(DATA SHOWN Opens)

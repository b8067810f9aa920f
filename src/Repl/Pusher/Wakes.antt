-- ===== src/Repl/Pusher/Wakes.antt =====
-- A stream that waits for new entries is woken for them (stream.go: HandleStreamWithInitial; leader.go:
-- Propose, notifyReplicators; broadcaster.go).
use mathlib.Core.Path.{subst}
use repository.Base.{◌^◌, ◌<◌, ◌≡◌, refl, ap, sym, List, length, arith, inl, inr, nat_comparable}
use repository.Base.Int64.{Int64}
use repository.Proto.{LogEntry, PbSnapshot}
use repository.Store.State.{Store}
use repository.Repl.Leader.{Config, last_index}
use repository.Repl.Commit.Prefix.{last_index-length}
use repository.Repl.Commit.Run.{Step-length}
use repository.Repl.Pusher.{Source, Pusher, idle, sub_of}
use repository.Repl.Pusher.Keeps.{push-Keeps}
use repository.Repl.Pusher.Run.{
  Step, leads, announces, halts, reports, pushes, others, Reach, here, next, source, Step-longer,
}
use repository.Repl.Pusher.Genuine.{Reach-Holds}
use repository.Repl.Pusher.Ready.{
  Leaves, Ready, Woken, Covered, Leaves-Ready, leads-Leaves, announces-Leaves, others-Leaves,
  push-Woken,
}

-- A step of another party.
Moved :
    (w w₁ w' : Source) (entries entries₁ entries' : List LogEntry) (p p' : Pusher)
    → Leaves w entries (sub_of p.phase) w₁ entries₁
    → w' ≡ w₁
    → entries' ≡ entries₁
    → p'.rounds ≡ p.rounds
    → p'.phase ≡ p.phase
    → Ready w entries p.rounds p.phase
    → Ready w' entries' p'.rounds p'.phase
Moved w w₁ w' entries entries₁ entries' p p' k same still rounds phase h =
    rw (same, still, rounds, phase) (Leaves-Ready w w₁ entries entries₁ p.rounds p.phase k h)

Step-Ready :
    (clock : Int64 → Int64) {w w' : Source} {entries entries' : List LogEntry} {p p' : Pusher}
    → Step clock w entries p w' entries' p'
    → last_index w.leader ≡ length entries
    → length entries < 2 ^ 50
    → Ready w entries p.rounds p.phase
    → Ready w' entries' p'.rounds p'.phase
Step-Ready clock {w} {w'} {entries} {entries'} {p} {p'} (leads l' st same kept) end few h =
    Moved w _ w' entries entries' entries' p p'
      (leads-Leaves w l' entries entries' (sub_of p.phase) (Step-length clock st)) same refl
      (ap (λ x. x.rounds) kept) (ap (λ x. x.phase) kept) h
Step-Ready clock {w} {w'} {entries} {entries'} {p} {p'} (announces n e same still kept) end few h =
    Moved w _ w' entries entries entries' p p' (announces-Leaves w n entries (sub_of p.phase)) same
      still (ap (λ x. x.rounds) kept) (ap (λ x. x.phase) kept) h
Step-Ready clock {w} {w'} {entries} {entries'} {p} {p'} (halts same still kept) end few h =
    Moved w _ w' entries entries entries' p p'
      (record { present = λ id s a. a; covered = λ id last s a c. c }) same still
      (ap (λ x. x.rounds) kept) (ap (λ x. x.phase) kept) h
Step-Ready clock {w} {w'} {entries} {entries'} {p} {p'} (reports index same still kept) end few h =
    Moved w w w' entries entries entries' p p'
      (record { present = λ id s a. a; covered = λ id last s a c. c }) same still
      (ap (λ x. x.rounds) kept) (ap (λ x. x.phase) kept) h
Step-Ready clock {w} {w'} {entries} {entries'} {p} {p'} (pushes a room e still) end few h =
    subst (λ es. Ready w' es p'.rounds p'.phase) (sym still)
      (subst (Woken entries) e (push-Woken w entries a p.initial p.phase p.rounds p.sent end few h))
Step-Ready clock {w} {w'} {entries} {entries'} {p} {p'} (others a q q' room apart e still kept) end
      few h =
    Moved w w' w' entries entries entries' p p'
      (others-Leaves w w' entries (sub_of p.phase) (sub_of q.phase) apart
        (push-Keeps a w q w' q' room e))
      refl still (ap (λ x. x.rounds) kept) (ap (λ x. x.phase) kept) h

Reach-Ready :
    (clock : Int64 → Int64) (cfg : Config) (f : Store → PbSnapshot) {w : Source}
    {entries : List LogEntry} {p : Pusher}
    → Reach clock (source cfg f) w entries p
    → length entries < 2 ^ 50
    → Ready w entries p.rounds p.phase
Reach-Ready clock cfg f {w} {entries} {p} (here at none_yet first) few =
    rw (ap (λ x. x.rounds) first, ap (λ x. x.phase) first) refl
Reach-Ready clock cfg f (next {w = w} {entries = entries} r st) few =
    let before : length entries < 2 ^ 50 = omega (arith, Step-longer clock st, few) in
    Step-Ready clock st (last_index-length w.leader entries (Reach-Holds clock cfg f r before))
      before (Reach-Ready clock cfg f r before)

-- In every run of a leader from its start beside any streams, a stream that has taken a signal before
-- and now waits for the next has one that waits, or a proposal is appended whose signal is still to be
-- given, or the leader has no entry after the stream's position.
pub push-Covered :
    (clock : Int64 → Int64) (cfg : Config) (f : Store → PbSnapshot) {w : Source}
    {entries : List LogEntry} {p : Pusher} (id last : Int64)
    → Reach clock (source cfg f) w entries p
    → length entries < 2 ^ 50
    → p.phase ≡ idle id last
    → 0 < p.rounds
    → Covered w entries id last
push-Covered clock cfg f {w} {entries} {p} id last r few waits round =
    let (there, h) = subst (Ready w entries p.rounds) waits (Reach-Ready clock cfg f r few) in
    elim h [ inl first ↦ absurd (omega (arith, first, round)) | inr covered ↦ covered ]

(DATA SHOWN Closes)

● WORK REQUIRED
The lines above, starting at the one with "(here at none_yet" and ending at the one with "Reach-Ready clock cfg f (next", are the only ones to return, exactly as written.

● PROBLEM SOLUTION
Reach-Ready clock cfg f {w} {entries} {p} (here at none_yet first) few =
    rw (ap (λ x. x.rounds) first, ap (λ x. x.phase) first) refl
Reach-Ready clock cfg f (next {w = w} {entries = entries} r st) few =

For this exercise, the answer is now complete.